It is a second high-profile international award, following the Commonwealth Games 2014 contract a year ago, for the Lanarkshire-based business which champions SME opportunities in public procurement.
Stephen Park Brown, chief executive, said: "The decisions have been made by people outside Scotland, so what is it that makes us technically competent for them but (often) not for local councils or government or large enterprises in Scotland?"
He said there was a "cultural mind-set" based on the old notion "that you won't get fired for hiring IBM", and that while the Scottish Government's new public procurement Bill was welcome, it did not go far enough in promoting the SME cause.
NVT is Scotland's biggest independent in the sector, with 90 employees at Bellshill, and is celebrating 25 years in business.
It will be the official supplier and technology services integrator to the Ryder Cup at Gleneagles, providing the infrastructure to underpin internet access, scoreboards, catering and other services needed by the event, its other supplier partners, and by 250,000 visitors over four days, and (unlike the Commonwealth Games) mainly outdoors.
"A lot of what we are doing for the Ryder Cup will be around the golf course," Mr Park Brown said. "It is a global event and there will be scrutiny on it around the world.
"We are only 40 minutes from Gleneagles but, regardless of that, we are looking to use this as a springboard to do business with other European (golf) events."
He said NVT already had some business in Finland, Australia and South Africa.

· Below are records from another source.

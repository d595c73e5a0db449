-- ===== src/Classifier/Packet.antt =====
-- crates/tls-probe-ebpf/src/tls.rs: what the classifier reads of a packet's headers. The packet is
-- read through the kernel's functions, which are arguments here.
use tls_probe.Classifier.Attempt.{◌>>=◌, ◌>>◌, require}
use tls_probe.Common.Capture.{ConnKey, ReasmKey, zeros}
use tls_probe.Prelude.{
  ℕ, ◌+◌, ◌*◌, ◌/◌, ◌%◌, Bool, true, false, ◌&&◌, [], ◌∷◌, ◌++◌, Option, none, some, leb, ◌==◌,
  if◌then◌else◌,
}
use tls_probe.Wire.{Bytes}

-- A packet: its length, the bytes at an offset by `bpf_skb_load_bytes`, and those that can be read
-- directly.
pub record Skb : Type 0 where
  pub len : ℕ
  pub load_bytes : ℕ → ℕ → Option Bytes
  pub direct : ℕ → ℕ → Option Bytes

abbrev pub the_byte : Bytes → Option ℕ
the_byte (b ∷ []) = some b
the_byte _ = none

abbrev pub the_u16 : Bytes → Option ℕ
the_u16 (hi ∷ lo ∷ []) = some (hi * 256 + lo)
the_u16 _ = none

unfoldable pub load_u8 : Skb → ℕ → Option ℕ
load_u8 skb offset = skb.load_bytes offset 1 >>= the_byte

unfoldable pub read_u8 : Skb → ℕ → Option ℕ
read_u8 skb offset = skb.direct offset 1 >>= the_byte

unfoldable pub read_u16_be : Skb → ℕ → Option ℕ
read_u16_be skb offset = skb.direct offset 2 >>= the_u16

-- `(is_ipv6, ip_hdr_len, src_offset, dst_offset)`
pub record IpHeader : Type 0 where
  pub is_ipv6 : Bool
  pub ip_hdr_len : ℕ
  pub src_offset : ℕ
  pub dst_offset : ℕ

unfoldable pub read_ip : Skb → ℕ → Option IpHeader
unfolding read_u8
read_ip skb eth_proto =
    let v4 = do
      ip_proto ← read_u8 skb 23
      require (ip_proto == 6)
      version_ihl ← read_u8 skb 14
      let ip_hdr_len = version_ihl % 16 * 4
      require (leb 20 ip_hdr_len)
      some (record { is_ipv6 = false; ip_hdr_len = ip_hdr_len; src_offset = 26; dst_offset = 30 })
    in let v6 = do
      ip_proto ← read_u8 skb 20
      require (ip_proto == 6)
      some (record { is_ipv6 = true; ip_hdr_len = 40; src_offset = 22; dst_offset = 38 })
      in if eth_proto == 0x0800 then v4 else if eth_proto == 0x86DD then v6 else none

-- An address of four bytes stands in front of zeros.
unfoldable pub read_addr : Skb → Bool → ℕ → Option Bytes
read_addr skb true offset = skb.load_bytes offset 16
read_addr skb false offset = do addr ← skb.load_bytes offset 4; some (addr ++ zeros 12)

abbrev pub the_ports : Bytes → Option (ℕ × ℕ)
the_ports (a ∷ b ∷ c ∷ e ∷ []) = some (a * 256 + b, c * 256 + e)
the_ports _ = none

-- The record's header and the byte behind it.
pub record RecordStart : Type 0 where
  pub content_type : ℕ
  pub record_version : ℕ
  pub record_len : ℕ
  pub hs_type : ℕ

abbrev pub the_record : Bytes → Option RecordStart
the_record (t ∷ a ∷ b ∷ c ∷ e ∷ hs ∷ []) = some (record {
  content_type = t;
  record_version = a * 256 + b;
  record_len = c * 256 + e;
  hs_type = hs;
})
the_record _ = none

-- What has been read when the packet is looked up.
pub record Segment : Type 0 where
  pub is_ipv6 : Bool
  pub tcp_start : ℕ
  pub tls_start : ℕ
  pub src_addr : Bytes
  pub dst_addr : Bytes
  pub src_port : ℕ
  pub dst_port : ℕ
  pub start : RecordStart

unfoldable pub read_segment : Skb → Option Segment
unfolding read_u16_be read_ip load_u8 read_addr
read_segment skb = do
  require (leb 60 skb.len)
  eth_proto ← read_u16_be skb 12
  ip ← read_ip skb eth_proto
  let tcp_start = 14 + ip.ip_hdr_len
  require (leb (tcp_start + 13) skb.len)
  tcp_off_byte ← load_u8 skb (tcp_start + 12)
  let tcp_data_off = tcp_off_byte / 16 * 4
  require (leb 20 tcp_data_off && leb tcp_data_off 60)
  let tls_start = tcp_start + tcp_data_off
  require (leb (tls_start + 6) skb.len)
  src_addr ← read_addr skb ip.is_ipv6 ip.src_offset
  dst_addr ← read_addr skb ip.is_ipv6 ip.dst_offset
  (src_port, dst_port) ← skb.load_bytes tcp_start 4 >>= the_ports
  start ← skb.load_bytes tls_start 6 >>= the_record
  some (record {
    is_ipv6 = ip.is_ipv6;
    tcp_start = tcp_start;
    tls_start = tls_start;
    src_addr = src_addr;
    dst_addr = dst_addr;
    src_port = src_port;
    dst_port = dst_port;
    start = start;
  })

-- The local end first: a packet that comes in has it as its destination.
unfoldable pub conn_key : Segment → Bool → ConnKey
conn_key s true = record {
  src_addr = s.src_addr;
  dst_addr = s.dst_addr;
  src_port = s.src_port;
  dst_port = s.dst_port;
}
conn_key s false = record {
  src_addr = s.dst_addr;
  dst_addr = s.src_addr;
  src_port = s.dst_port;
  dst_port = s.src_port;
}

unfoldable pub reasm_key : Segment → Bool → ReasmKey
unfolding conn_key
reasm_key s is_egress = record { conn = conn_key s is_egress; dir = if is_egress then 0 else 1 }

Mr Park Brown said NVT had presented to Sir Ian Wood and other members of the Scottish Government's youth unemployment group its own 'white paper' on linking public procurement with modern apprenticeships.
He said the government spent £1 billion a year on IT, but less than 10% of that went to SMEs, who could offer to create apprenticeships as part of their tender - as NVT does.
"If we spent less money abroad - and I don't mean England - with global businesses rather than locally with Scottish companies, we believe the IT sector alone could create 6000 new jobs inside 36 months."
He said a recent NVT tender for a local authority contract had built in the guarantee of three to five modern apprenticeships linked to the work and then made permanent.
"We came second to a global business - I don't know what was in their tender."
Mr Park Brown said the proposed procurement reforms should go further.
He said: "I think they have to link the procurement directly to local jobs."